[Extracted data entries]

--- START ---

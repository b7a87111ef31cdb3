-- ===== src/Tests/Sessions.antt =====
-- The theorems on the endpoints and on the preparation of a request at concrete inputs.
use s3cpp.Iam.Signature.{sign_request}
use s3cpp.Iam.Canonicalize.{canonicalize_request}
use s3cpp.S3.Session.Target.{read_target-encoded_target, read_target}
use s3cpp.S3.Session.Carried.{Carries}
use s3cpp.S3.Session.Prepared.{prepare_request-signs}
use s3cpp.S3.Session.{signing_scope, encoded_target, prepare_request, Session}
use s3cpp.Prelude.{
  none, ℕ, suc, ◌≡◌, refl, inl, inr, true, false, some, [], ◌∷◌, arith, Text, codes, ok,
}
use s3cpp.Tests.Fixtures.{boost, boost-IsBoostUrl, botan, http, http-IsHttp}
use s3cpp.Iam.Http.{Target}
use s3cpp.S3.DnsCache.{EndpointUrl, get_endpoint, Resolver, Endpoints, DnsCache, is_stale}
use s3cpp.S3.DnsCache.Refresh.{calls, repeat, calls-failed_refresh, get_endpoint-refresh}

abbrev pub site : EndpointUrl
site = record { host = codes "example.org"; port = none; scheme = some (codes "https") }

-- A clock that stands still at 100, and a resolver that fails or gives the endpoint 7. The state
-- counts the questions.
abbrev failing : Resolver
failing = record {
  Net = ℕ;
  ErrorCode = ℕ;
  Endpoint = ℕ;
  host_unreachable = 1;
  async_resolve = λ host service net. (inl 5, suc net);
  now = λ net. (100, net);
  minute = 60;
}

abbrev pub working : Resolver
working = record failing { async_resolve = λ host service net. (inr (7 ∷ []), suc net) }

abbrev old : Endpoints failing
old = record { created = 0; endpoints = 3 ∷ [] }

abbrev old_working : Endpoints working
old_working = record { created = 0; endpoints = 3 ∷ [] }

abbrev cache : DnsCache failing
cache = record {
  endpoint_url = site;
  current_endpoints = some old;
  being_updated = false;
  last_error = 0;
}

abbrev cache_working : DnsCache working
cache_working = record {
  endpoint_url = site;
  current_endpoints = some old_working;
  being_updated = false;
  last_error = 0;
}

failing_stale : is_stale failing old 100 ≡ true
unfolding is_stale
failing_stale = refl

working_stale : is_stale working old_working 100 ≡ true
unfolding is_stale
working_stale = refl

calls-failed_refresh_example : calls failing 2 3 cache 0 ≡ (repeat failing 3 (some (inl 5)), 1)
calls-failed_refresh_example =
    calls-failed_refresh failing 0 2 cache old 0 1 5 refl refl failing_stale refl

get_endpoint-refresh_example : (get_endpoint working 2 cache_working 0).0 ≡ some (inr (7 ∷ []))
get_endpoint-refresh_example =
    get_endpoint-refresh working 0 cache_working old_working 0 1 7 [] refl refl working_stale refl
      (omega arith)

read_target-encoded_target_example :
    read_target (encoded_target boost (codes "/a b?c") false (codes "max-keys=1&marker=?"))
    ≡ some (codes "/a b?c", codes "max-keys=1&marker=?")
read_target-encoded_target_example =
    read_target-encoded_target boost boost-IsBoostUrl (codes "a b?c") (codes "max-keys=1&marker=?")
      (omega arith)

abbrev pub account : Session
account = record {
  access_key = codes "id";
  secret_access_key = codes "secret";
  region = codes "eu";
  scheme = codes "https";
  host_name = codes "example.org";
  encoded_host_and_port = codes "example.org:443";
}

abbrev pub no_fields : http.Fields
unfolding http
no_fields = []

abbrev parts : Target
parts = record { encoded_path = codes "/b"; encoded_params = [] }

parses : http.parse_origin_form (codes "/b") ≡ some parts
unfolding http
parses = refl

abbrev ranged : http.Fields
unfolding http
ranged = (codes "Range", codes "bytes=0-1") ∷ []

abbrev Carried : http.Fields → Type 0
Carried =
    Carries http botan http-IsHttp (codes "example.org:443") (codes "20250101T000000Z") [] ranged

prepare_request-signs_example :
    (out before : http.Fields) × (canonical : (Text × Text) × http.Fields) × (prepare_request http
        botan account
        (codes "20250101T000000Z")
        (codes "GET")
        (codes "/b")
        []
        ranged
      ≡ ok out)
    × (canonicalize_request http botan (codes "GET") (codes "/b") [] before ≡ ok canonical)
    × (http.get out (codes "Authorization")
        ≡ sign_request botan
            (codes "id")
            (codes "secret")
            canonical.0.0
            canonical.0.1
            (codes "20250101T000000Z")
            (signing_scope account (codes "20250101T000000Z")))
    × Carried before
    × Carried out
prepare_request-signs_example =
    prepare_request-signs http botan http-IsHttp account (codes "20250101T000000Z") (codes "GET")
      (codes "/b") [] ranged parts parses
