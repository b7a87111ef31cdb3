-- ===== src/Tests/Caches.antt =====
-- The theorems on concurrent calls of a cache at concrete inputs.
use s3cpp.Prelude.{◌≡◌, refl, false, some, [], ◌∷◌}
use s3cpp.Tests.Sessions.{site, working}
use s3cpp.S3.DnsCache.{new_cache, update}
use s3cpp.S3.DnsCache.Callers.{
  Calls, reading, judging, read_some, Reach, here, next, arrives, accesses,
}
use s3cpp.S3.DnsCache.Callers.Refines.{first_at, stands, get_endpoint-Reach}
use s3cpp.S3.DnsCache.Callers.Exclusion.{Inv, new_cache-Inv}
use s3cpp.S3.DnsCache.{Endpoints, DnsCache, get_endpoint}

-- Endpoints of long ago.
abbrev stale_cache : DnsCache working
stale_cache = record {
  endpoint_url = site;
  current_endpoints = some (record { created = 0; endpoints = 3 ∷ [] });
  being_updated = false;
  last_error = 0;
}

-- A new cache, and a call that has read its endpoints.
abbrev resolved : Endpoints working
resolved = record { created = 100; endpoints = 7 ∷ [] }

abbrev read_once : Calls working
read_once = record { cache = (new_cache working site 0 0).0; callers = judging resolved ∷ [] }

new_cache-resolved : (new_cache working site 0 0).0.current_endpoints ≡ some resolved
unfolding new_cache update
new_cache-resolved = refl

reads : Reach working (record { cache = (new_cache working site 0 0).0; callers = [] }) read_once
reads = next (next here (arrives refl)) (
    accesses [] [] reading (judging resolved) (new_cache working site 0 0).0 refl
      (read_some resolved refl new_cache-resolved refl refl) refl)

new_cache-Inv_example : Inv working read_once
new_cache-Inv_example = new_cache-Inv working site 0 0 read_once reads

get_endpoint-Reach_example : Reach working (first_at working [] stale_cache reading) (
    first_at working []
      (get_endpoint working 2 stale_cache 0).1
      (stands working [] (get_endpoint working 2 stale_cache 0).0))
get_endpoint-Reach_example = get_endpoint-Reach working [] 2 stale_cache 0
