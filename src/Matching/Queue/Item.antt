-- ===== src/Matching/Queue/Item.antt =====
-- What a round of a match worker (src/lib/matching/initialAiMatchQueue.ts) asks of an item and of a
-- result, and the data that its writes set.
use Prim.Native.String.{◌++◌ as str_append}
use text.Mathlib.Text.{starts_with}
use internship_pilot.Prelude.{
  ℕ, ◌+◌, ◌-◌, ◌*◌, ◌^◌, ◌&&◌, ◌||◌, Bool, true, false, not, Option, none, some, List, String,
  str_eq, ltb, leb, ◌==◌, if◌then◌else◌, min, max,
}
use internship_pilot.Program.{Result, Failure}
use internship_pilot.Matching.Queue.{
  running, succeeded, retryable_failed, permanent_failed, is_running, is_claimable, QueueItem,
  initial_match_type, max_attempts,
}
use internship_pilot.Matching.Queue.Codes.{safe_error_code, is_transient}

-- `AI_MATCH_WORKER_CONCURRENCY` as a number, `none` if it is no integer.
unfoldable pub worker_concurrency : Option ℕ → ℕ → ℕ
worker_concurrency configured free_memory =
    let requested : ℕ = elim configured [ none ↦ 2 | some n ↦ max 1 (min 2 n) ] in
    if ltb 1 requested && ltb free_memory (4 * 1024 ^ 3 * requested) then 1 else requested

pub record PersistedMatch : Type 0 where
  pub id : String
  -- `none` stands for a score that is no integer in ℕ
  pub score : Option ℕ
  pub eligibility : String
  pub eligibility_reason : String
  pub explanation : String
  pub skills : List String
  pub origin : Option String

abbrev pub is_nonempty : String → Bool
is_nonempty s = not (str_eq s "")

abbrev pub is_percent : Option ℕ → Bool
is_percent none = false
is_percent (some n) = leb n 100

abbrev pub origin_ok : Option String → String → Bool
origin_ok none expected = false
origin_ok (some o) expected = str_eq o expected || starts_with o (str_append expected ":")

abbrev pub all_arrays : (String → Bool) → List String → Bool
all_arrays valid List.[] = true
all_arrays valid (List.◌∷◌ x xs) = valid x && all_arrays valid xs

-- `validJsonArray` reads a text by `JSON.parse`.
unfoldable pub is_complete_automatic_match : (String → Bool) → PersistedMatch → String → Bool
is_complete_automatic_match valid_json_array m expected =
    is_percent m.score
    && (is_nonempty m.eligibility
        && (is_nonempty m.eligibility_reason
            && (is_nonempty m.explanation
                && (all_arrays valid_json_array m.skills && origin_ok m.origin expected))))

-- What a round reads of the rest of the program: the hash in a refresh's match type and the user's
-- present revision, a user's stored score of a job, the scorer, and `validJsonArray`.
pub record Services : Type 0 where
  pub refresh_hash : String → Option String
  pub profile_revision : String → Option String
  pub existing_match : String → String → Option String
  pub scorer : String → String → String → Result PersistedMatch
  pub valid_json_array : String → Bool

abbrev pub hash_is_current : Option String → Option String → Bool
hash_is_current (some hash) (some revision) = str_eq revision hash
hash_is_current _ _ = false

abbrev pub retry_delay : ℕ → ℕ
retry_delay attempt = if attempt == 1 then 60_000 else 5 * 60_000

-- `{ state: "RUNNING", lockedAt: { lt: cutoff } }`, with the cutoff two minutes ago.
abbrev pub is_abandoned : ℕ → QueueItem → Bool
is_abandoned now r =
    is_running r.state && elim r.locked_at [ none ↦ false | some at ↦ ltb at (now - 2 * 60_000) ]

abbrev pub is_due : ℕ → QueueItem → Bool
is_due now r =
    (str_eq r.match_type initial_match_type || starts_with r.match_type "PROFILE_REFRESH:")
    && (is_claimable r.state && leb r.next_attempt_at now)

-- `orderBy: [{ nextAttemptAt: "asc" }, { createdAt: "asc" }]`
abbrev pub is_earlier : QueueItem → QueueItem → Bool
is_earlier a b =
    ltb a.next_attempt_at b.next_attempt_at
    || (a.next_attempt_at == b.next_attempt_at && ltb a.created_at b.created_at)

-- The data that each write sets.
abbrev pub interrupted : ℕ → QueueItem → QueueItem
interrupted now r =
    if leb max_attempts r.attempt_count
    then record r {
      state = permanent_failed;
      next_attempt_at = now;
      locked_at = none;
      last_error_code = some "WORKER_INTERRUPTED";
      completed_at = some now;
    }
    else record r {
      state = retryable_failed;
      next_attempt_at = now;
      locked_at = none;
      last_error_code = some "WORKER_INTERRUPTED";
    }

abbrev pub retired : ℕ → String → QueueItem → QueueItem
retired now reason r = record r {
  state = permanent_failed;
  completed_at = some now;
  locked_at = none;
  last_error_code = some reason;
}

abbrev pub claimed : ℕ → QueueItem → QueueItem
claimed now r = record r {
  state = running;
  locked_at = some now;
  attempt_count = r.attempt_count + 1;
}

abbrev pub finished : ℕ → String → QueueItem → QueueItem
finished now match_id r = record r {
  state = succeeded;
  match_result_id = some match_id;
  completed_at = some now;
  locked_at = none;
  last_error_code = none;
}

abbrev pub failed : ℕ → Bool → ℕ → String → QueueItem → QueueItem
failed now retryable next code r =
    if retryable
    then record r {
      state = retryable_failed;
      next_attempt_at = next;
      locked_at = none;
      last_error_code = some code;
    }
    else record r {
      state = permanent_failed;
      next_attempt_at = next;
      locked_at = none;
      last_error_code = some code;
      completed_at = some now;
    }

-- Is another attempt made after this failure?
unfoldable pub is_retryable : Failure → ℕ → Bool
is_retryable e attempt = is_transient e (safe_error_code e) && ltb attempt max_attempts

--- END ---

### Activity
Please make an exact copy of the lines above from the line with "pub profile_revision : String" through the line with "hash_is_current _ _ = false", both ends included.

### Exercise result
  pub profile_revision : String → Option String
  pub existing_match : String → String → Option String
  pub scorer : String → String → String → Result PersistedMatch
  pub valid_json_array : String → Bool

abbrev pub hash_is_current : Option String → Option String → Bool
hash_is_current (some hash) (some revision) = str_eq revision hash
hash_is_current _ _ = false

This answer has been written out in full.